Make sure your endpoint has /pin route that accept JSON Content-Type for verifying user pin. The API will accept 200 as a valid response else it's considered as failure. The payload schema is the same as the Pair endpoint route below.

  • Body 
    {
    "webhook": {
        "host": "192.168.0.1",
        "port": "3000",
    },
    "network_id": "network_id",
}

Response

Successful Response (200 OK) 

{
    "status": "success",
    "message": "instance has been successfully attached to the session"
}

Error Response 1. 400 Bad Request
Below is several error that caused this error code:

error_type description
missing_parameter There are a missing parameters in the request provided
header_value_mismatch using non-supported content-type header

3. Pair

Start pairing sunshine with moonlight. When success, the status of the request will changed to Running. This endpoint need to be called from the client.

Endpoint

POST /v1/session/{session_id}/pair

Request

{
    "pin": "your_pin_here"
}

Successful Reponse (200 OK) 

{
    "status": "success".
    "message": "client has been paired successfully to the session instance"
}

Error Response 1. 400 Bad Request
Below is several error that caused this error code:

error_type description
missing_parameter There are a missing parameters in the request provided
header_value_mismatch using non-supported content-type header
invalid_pin pin provided is incorrect

4. Terminate Session

Terminate current session.
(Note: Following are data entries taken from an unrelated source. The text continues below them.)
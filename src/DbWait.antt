-- ===== src/DbWait.antt =====
-- internal/dbwait/retry.go: the attempts to reach the database at start-up. What an attempt answers, the
-- clock and the context belong to the process's surroundings, which the model takes as functions of the
-- attempt's number.
pub mod Ending
use booth_catalog.Prelude.{
  ℕ, zero, suc, ◌+◌, ◌*◌, Bool, true, false, not, ◌||◌, ltb, ◌==◌, nat_eq, list_eq, if◌then◌else◌,
  case_option, Option, none, some,
}
use booth_catalog.Text.{Text, txt}
use booth_catalog.Data.Model.{Time}

abbrev pub millisecond : ℕ
millisecond = 1_000_000

abbrev pub default_max_elapsed : ℕ
default_max_elapsed = 60_000 * millisecond

abbrev pub initial_backoff : ℕ
initial_backoff = 500 * millisecond

abbrev pub max_backoff : ℕ
max_backoff = 8_000 * millisecond

-- An error, by what errors.As finds in it: the code of a pgconn.PgError, a net.DNSError, a net.OpError,
-- and what a net.Error answers to Timeout.
pub record ConnError : Type 0 where
  pub pg_code : Option Text
  pub is_dns : Bool
  pub is_op : Bool
  pub timeout : Option Bool

unfoldable pub is_retryable : ConnError → Bool
is_retryable e =
    case_option e.pg_code (e.is_dns || e.is_op || case_option e.timeout false (λ t. t))
      (λ code. code == txt "57P03")

pub record Surroundings : Type 0 where
  -- what fn answers: no error, or one
  pub attempt : ℕ → Option ConnError
  -- how long the attempt takes, on the monotonic clock
  pub took : ℕ → ℕ
  -- how much longer than asked the wait after the attempt takes
  pub late : ℕ → ℕ
  -- the context is cancelled before the wait after the attempt is over
  pub cancelled : ℕ → Bool

-- How Retry returns.
pub data Ended : Type 0 where
  connected : ℕ → Ended
  refused : ℕ → ConnError → Ended
  still_failing : ℕ → ConnError → Ended
  given_up : ℕ → Ended

-- backoff *= 2, at most maxBackoff
abbrev pub next_backoff : ℕ → ℕ
next_backoff b = if ltb max_backoff (b * 2) then max_backoff else b * 2

-- The body of the loop: the attempt with this number has ended at this time and with this error; `rest`
-- is what the next attempts lead to.
abbrev pub on_error : Surroundings → Time → ℕ → Time → ConnError → Option Ended → Option Ended
on_error w deadline n t e rest =
    if not (is_retryable e)
    then some (refused n e)
    else if not (ltb t deadline)
    then some (still_failing n e)
    else if w.cancelled n
    then some (given_up n)
    else rest

-- The loop, from the attempt with this number on, at this time and with this backoff. `none` says that
-- the rounds allowed do not suffice.
unfoldable pub retry_from : Surroundings → Time → ℕ → ℕ → Time → ℕ → Option Ended
retry_from w deadline zero n t backoff = none
retry_from w deadline (suc rounds) n t backoff =
    let ended = t + w.took n in
    let rest =
      retry_from w deadline rounds (suc n) (ended + backoff + w.late n) (next_backoff backoff) in
    case_option (w.attempt n) (some (connected n)) (λ e. on_error w deadline n ended e rest)

unfoldable pub retry : Surroundings → ℕ → Time → ℕ → Option Ended
retry w max_elapsed start rounds = retry_from w (start + max_elapsed) rounds 1 start initial_backoff
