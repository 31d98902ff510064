-- ===== src/DbWait/Ending.antt =====
-- Retry ends, and why it ended (internal/dbwait/retry.go).
use booth_catalog.Prelude.{
  ℕ, zero, suc, ◌+◌, ◌*◌, ◌/◌, ◌≤◌, ◌<◌, true, false, ltb, Option, none, some, inl, inr, ◌≡◌, refl,
  subst, arith, Option-cases, Bool-cases, case_option,
}
use booth_catalog.Data.Model.{Time}
use booth_catalog.DbWait.{
  Surroundings, ConnError, Ended, connected, refused, still_failing, given_up, is_retryable,
  on_error, retry_from, retry, next_backoff, initial_backoff, default_max_elapsed,
}

-- The next so many waits together, from this backoff on.
abbrev pub waits : ℕ → ℕ → ℕ
waits zero backoff = 0
waits (suc k) backoff = backoff + waits k (next_backoff backoff)

module _ (w : Surroundings) (deadline : Time) where
  round-ends :
      (n : ℕ) (t : Time) (rest : Option Ended)
      → ((r : Ended) × (rest ≡ some r))
      → (r : Ended) × (case_option
            (w.attempt n)
            (some (connected n))
            (λ e. on_error w deadline n t e rest)
          ≡ some r)
  round-ends n t rest (r, h) = elim (Option-cases (w.attempt n)) [
    | inl p ↦ (connected n, rw p refl)
    | inr (e, p) ↦ elim (Bool-cases (is_retryable e)) [
      | inr q ↦ (refused n e, ground arith)
      | inl q ↦ elim (Bool-cases (ltb t deadline)) [
        | inr o ↦ (still_failing n e, ground arith)
        | inl o ↦ elim (Bool-cases (w.cancelled n)) [
          | inl c ↦ (given_up n, ground arith)
          | inr c ↦ (r, ground arith)
        ]
      ]
    ]
  ]

  -- Once the waits go past the deadline, no further attempt is made.
  ends_by :
      (k n : ℕ) (t : Time) (backoff : ℕ)
      → deadline ≤ t + waits k backoff
      → (r : Ended) × (retry_from w deadline (suc k) n t backoff ≡ some r)
  unfolding retry_from
  ends_by zero n t backoff h = elim (Option-cases (w.attempt n)) [
    | inl p ↦ (connected n, rw p refl)
    | inr (e, p) ↦ elim (Bool-cases (is_retryable e)) [
      | inr q ↦ (refused n e, ground arith)
      | inl q ↦ (still_failing n e, ground arith)
    ]
  ]
  ends_by (suc k) n t backoff h =
      round-ends n (t + w.took n) _
        (ends_by k (suc n) (t + w.took n + backoff + w.late n) (next_backoff backoff) (omega arith))

waits-AtLeast : (k b : ℕ) → initial_backoff ≤ b → k * initial_backoff ≤ waits k b
waits-AtLeast zero b h = omega arith
waits-AtLeast (suc k) b h =
    let rest = waits-AtLeast k (next_backoff b) (next-AtLeast b h) in ground arith
  where
    next-AtLeast : (b : ℕ) → initial_backoff ≤ b → initial_backoff ≤ next_backoff b
    next-AtLeast b h = ground arith

-- Retry returns, whatever the attempts answer and however long they take: there is no attempt after the
-- first ones, one for each initial backoff in maxElapsed and two more. With the default of a minute
-- there are at most 12.
pub retry_terminates :
    (w : Surroundings) (start : Time) (max_elapsed : ℕ)
    → ((r : Ended) × (retry w max_elapsed start (suc (suc (max_elapsed / initial_backoff)))
          ≡ some r))
      × ((r : Ended) × (retry w default_max_elapsed start 12 ≡ some r))
unfolding retry
retry_terminates w start max_elapsed = (
  (let k = suc (max_elapsed / initial_backoff) in
      let long = waits-AtLeast k initial_backoff (omega arith) in
      ends_by w (start + max_elapsed) k 1 start initial_backoff (omega arith)),
  ends_by w (start + default_max_elapsed) 11 1 start initial_backoff (omega arith),
)

module _ (w : Surroundings) (deadline : Time) where
  -- From an attempt on, at a time and with a backoff, the loop gets to the end of an attempt: every
  -- attempt before fails in a way worth waiting out, ends before the deadline, and is not cancelled.
  pub data Reaches : ℕ → Time → ℕ → ℕ → Time → Type 0 where
    here : {n : ℕ} {t : Time} {b : ℕ} → Reaches n t b n (t + w.took n)
    later :
        {n : ℕ} {t : Time} {b k : ℕ} {end : Time}
        → (e : ConnError) → w.attempt n ≡ some e
        → is_retryable e ≡ true
        → t + w.took n < deadline
        → w.cancelled n ≡ false
        → Reaches (suc n) (t + w.took n + b + w.late n) (next_backoff b) k end
        → Reaches n t b k end

  -- Why Retry returns this from the attempt that ended then.
  abbrev pub Because : Ended → ℕ → Time → Type 0
  Because (connected m) k end = (m ≡ k) × (w.attempt k ≡ none)
  Because (refused m e) k end = (m ≡ k) × (w.attempt k ≡ some e) × (is_retryable e ≡ false)
  Because (still_failing m e) k end =
      (m ≡ k) × (w.attempt k ≡ some e) × (is_retryable e ≡ true) × (deadline ≤ end)
  Because (given_up m) k end = (m ≡ k) × (end < deadline) × (w.cancelled k ≡ true)

  retry_from-Because :
      (rounds n : ℕ) (t : Time) (b : ℕ) (r : Ended)
      → retry_from w deadline rounds n t b ≡ some r
      → (k : ℕ) × (end : Time) × Reaches n t b k end × Because r k end
  unfolding retry_from
  retry_from-Because zero n t b r h = absurd (ground arith)
  retry_from-Because (suc rounds) n t b r h = elim (Option-cases (w.attempt n)) [
    | inl p ↦ (
      n,
      t + w.took n,
      here,
      (let o' : connected n ≡ r = ground arith in
          subst (λ x. Because x n (t + w.took n)) o' (refl, p)),
    )
    | inr (e, p) ↦ elim (Bool-cases (is_retryable e)) [
      | inr q ↦ (
        n,
        t + w.took n,
        here,
        (let o' : refused n e ≡ r = ground arith in
            subst (λ x. Because x n (t + w.took n)) o' (refl, p, q)),
      )
      | inl q ↦ elim (Bool-cases (ltb (t + w.took n) deadline)) [
        | inr o ↦ (
          n,
          t + w.took n,
          here,
          (let o' : still_failing n e ≡ r = ground arith in
              subst (λ x. Because x n (t + w.took n)) o' (refl, p, q, ground arith)),
        )
        | inl o ↦ elim (Bool-cases (w.cancelled n)) [
          | inl c ↦ (
            n,
            t + w.took n,
            here,
            (let o' : given_up n ≡ r = ground arith in
                subst (λ x. Because x n (t + w.took n)) o' (refl, ground arith, c)),
          )
          | inr c ↦
              let (k, end, reached, why) = retry_from-Because rounds (suc n) _ _ r (ground arith) in
              (k, end, later e p q (ground arith) c reached, why)
        ]
      ]
    ]
  ]

-- What Retry answers is why it stopped: at an attempt, where every one before failed in a way worth
-- waiting out and ended before the deadline, it returned nil because the attempt succeeded, the error at
-- once because it is not retryable, the error as still failing because the attempt ended at the deadline
-- or past it, and the context's error because the context was cancelled before the wait was over.
pub retry-Because :
    (w : Surroundings) (start : Time) (max_elapsed rounds : ℕ) (r : Ended)
    → retry w max_elapsed start rounds ≡ some r
    → (k : ℕ) × (end : Time) × Reaches w (start + max_elapsed) 1 start initial_backoff k end
      × Because w (start + max_elapsed) r k end
unfolding retry
retry-Because w start max_elapsed rounds r =
    retry_from-Because w (start + max_elapsed) rounds 1 start initial_backoff r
This will not remove gpu from user session. Seperate call need to be made acquire the gpu back to the pool.

Endpoint

POST /v1/session/{session_id}/terminate

5. Deacquire GPU

Remove GPU from user session, and bring back to the pool

Endpoint

POST /v1/session/{session_id}/gpu/deacquire

6. Get GPU Status

Get all available gpu on the system

Endpoint

GET /v1/session/gpu

Query Parameters

parameter description
only_available Set this value to true to only list gpu that are available. Default is 0
limit this parameter is used to specify how many values will be returned after the cursor.